## Study material

-- ===== src/L3Book/Arrivals.antt =====
-- What the book of include/itch/book/l3_book.hpp promises: the resting orders in the order of their arrival.
-- Adding appends, an execution takes shares from the first order of its reference number, and the
-- orders at a price are those of the list with this side and price.
use itchcpp.Prelude.{
  ℕ, ◌-◌, ◌≡◌, refl, sym, ap, List, [], ◌∷◌, ◌++◌, Option, none, some, true, false, inl, inr,
  Bool-cases, ltb, ◌==◌, if◌then◌else◌, min, arith,
}
use itchcpp.L3Book.{Side, OrderView}
use itchcpp.L3Book.WellFormed.{here}
use itchcpp.L3Book.Levels.{here_refl}

pub record Entry : Type 0 where
  pub side : Side
  pub view : OrderView

abbrev pub Arrivals : Type 0
Arrivals = List Entry

unfoldable pub locate : ℕ → Arrivals → Option Entry
locate ref [] = none
locate ref (e ∷ es) = if e.view.reference_number == ref then some e else locate ref es

-- The orders of one side and price
unfoldable pub at : Side → ℕ → Arrivals → List OrderView
at c q [] = []
at c q (e ∷ es) =
    let rest = at c q es in if here e.side e.view.price c q then e.view ∷ rest else rest

unfoldable pub remove : ℕ → Arrivals → Arrivals
remove ref [] = []
remove ref (e ∷ es) =
    let rest = remove ref es in if e.view.reference_number == ref then es else e ∷ rest

abbrev pub less : OrderView → ℕ → OrderView
less v n = record v { shares = v.shares - n }

unfoldable pub lower : ℕ → ℕ → Arrivals → Arrivals
lower ref n [] = []
lower ref n (e ∷ es) =
    let rest = lower ref n es in
    if e.view.reference_number == ref then record e { view = less e.view n } ∷ es else e ∷ rest

unfoldable pub append : ℕ → Side → ℕ → ℕ → Arrivals → Arrivals
append ref s n p es = elim (locate ref es) [
  | some e ↦ es
  | none ↦
      es
      ++ record { side = s; view = record { reference_number = ref; shares = n; price = p } } ∷ []
]

unfoldable pub execute : ℕ → ℕ → Arrivals → Arrivals
execute ref n es = elim (locate ref es) [
  | none ↦ es
  | some e ↦ if ltb n e.view.shares then lower ref n es else remove ref es
]

unfoldable pub executed : ℕ → ℕ → Arrivals → ℕ
executed ref n es = elim (locate ref es) [ none ↦ 0 | some e ↦ min n e.view.shares ]

unfoldable pub replace : ℕ → ℕ → ℕ → ℕ → Arrivals → Arrivals
replace old_ref ref n p es = elim (locate old_ref es) [
  | none ↦ es
  | some e ↦ append ref e.side n p (remove old_ref es)
]

-- The same on the orders of one price
unfoldable pub first : ℕ → List OrderView → Option OrderView
first ref [] = none
first ref (v ∷ vs) = if v.reference_number == ref then some v else first ref vs

unfoldable pub remove_view : ℕ → List OrderView → List OrderView
remove_view ref [] = []
remove_view ref (v ∷ vs) =
    let rest = remove_view ref vs in if v.reference_number == ref then vs else v ∷ rest

unfoldable pub lower_view : ℕ → ℕ → List OrderView → List OrderView
lower_view ref n [] = []
lower_view ref n (v ∷ vs) =
    let rest = lower_view ref n vs in if v.reference_number == ref then less v n ∷ vs else v ∷ rest

pub at-append :
    (c : Side) (q : ℕ) (es : Arrivals) (e : Entry)
    → at c q (es ++ e ∷ [])
      ≡ (if here e.side e.view.price c q then at c q es ++ e.view ∷ [] else at c q es)
unfolding at
at-append c q [] e = refl
at-append c q (d ∷ es) e = elim (Bool-cases (here d.side d.view.price c q)) [
  | inl this ↦
      rw (at-append c q es e, this)
        (elim (Bool-cases (here e.side e.view.price c q)) [
          | inl that ↦ rw that
          | inr other ↦ rw other
        ])
  | inr other ↦ rw (other) (at-append c q es e)
]

pub first-at :
    (ref : ℕ) (es : Arrivals) (e : Entry)
    → locate ref es ≡ some e
    → first ref (at e.side e.view.price es) ≡ some e.view
unfolding locate first at
first-at ref [] e h = cc
first-at ref (d ∷ es) e h = elim (Bool-cases (d.view.reference_number == ref)) [
  | inl found ↦
      let same : d ≡ e = ground arith in rw (sym same, here_refl d.side d.view.price, found)
  | inr other ↦ elim (Bool-cases (here d.side d.view.price e.side e.view.price)) [
    | inl this ↦ rw (this, other) (first-at ref es e (rw other at h))
    | inr that ↦ rw that (first-at ref es e (rw other at h))
  ]
]

pub locate-first :
    (ref : ℕ) (c : Side) (q : ℕ) (es : Arrivals)
    → locate ref es ≡ none
    → first ref (at c q es) ≡ none
unfolding locate first at
locate-first ref c q [] h = refl
locate-first ref c q (d ∷ es) h = elim (Bool-cases (d.view.reference_number == ref)) [
  | inl found ↦ absurd (cc (rw found at h))
  | inr other ↦ elim (Bool-cases (here d.side d.view.price c q)) [
    | inl this ↦ rw (this, other) (locate-first ref c q es (rw other at h))
    | inr that ↦ rw that (locate-first ref c q es (rw other at h))
  ]
]

module _ (ref : ℕ) (c : Side) (q : ℕ) where
  pub at-remove :
      (es : Arrivals) (e : Entry)
      → locate ref es ≡ some e
      → at c q (remove ref es)
        ≡ (if here e.side e.view.price c q then remove_view ref (at c q es) else at c q es)
  unfolding locate at remove remove_view
  at-remove [] e h = cc
  at-remove (d ∷ es) e h = elim (Bool-cases (d.view.reference_number == ref)) [
    | inl found ↦
        let same : d ≡ e = ground arith in
        rw (sym same, found)
          (elim (Bool-cases (here d.side d.view.price c q)) [
            | inl this ↦ rw (this, found)
            | inr that ↦ rw that
          ])
    | inr other ↦
        let ih : at c q (remove ref es)
            ≡ (if here e.side e.view.price c q then remove_view ref (at c q es) else at c q es) =
          at-remove es e (rw other at h) in
        rw other (elim (Bool-cases (here d.side d.view.price c q)) [
          | inl this ↦
              rw (this, other, ih)
                (elim (Bool-cases (here e.side e.view.price c q)) [
                  | inl that ↦ rw that
                  | inr that ↦ rw that
                ])
          | inr that ↦ rw that ih
        ])
  ]

  pub at-lower :
      (n : ℕ) (es : Arrivals) (e : Entry)
      → locate ref es ≡ some e
      → at c q (lower ref n es)
        ≡ (if here e.side e.view.price c q then lower_view ref n (at c q es) else at c q es)
  unfolding locate at lower lower_view
  at-lower n [] e h = cc
  at-lower n (d ∷ es) e h = elim (Bool-cases (d.view.reference_number == ref)) [
    | inl found ↦
        let same : d ≡ e = ground arith in
        rw (sym same, found)
          (elim (Bool-cases (here d.side d.view.price c q)) [
            | inl this ↦ rw (this, found)
            | inr that ↦ rw that
          ])
    | inr other ↦
        let ih : at c q (lower ref n es)
            ≡ (if here e.side e.view.price c q then lower_view ref n (at c q es) else at c q es) =
          at-lower n es e (rw other at h) in
        rw other (elim (Bool-cases (here d.side d.view.price c q)) [
          | inl this ↦
              rw (this, other, ih)
                (elim (Bool-cases (here e.side e.view.price c q)) [
                  | inl that ↦ rw that
                  | inr that ↦ rw that
                ])
          | inr that ↦ rw that ih
        ])
  ]

module _ (ref : ℕ) (es : Arrivals) where
  pub append-new :
      (s : Side) (n p : ℕ)
      → locate ref es ≡ none
      → append ref s n p es
        ≡ es
          ++ record { side = s; view = record { reference_number = ref; shares = n; price = p } }
            ∷ []
  unfolding append
  append-new s n p h = rw (h, append)

  pub append-old :
      (s : Side) (n p : ℕ) (e : Entry) → locate ref es ≡ some e → append ref s n p es ≡ es
  unfolding append
  append-old s n p e h = rw (h, append)

  pub execute-lower :
      (n : ℕ) (e : Entry)
      → locate ref es ≡ some e
      → ltb n e.view.shares ≡ true
      → execute ref n es ≡ lower ref n es
  unfolding execute
  execute-lower n e h k = rw (h, execute, k)

  pub execute-remove :
      (n : ℕ) (e : Entry)
      → locate ref es ≡ some e
      → ltb n e.view.shares ≡ false
      → execute ref n es ≡ remove ref es
  unfolding execute
  execute-remove n e h k = rw (h, execute, k)

  pub execute-none : (n : ℕ) → locate ref es ≡ none → execute ref n es ≡ es
  unfolding execute
  execute-none n h = rw (h, execute)

  pub executed-some :
      (n : ℕ) (e : Entry) → locate ref es ≡ some e → executed ref n es ≡ min n e.view.shares
  unfolding executed
  executed-some n e h = rw (h, executed)

  pub executed-none : (n : ℕ) → locate ref es ≡ none → executed ref n es ≡ 0
  unfolding executed
  executed-none n h = rw (h, executed)

  pub replace-some :
      (new_ref n p : ℕ) (e : Entry)
      → locate ref es ≡ some e
      → replace ref new_ref n p es ≡ append new_ref e.side n p (remove ref es)
  unfolding replace
  replace-some new_ref n p e h = rw (h, replace)

  pub replace-none : (new_ref n p : ℕ) → locate ref es ≡ none → replace ref new_ref n p es ≡ es
  unfolding replace
  replace-none new_ref n p h = rw (h, replace)

pub remove-none : (ref : ℕ) (es : Arrivals) → locate ref es ≡ none → remove ref es ≡ es
unfolding locate remove
remove-none ref [] h = refl
remove-none ref (e ∷ es) h = elim (Bool-cases (e.view.reference_number == ref)) [
  | inl found ↦ absurd (cc (rw found at h))
  | inr other ↦ rw other (ap (λ (l : Arrivals). e ∷ l) (remove-none ref es (rw other at h)))
]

## What needs to be done
Collect every line above that contains the word "arith".

## Result
  Bool-cases, ltb, ◌==◌, if◌then◌else◌, min, arith,
      let same : d ≡ e = ground arith in rw (sym same, here_refl d.side d.view.price, found)
        let same : d ≡ e = ground arith in
        let same : d ≡ e = ground arith in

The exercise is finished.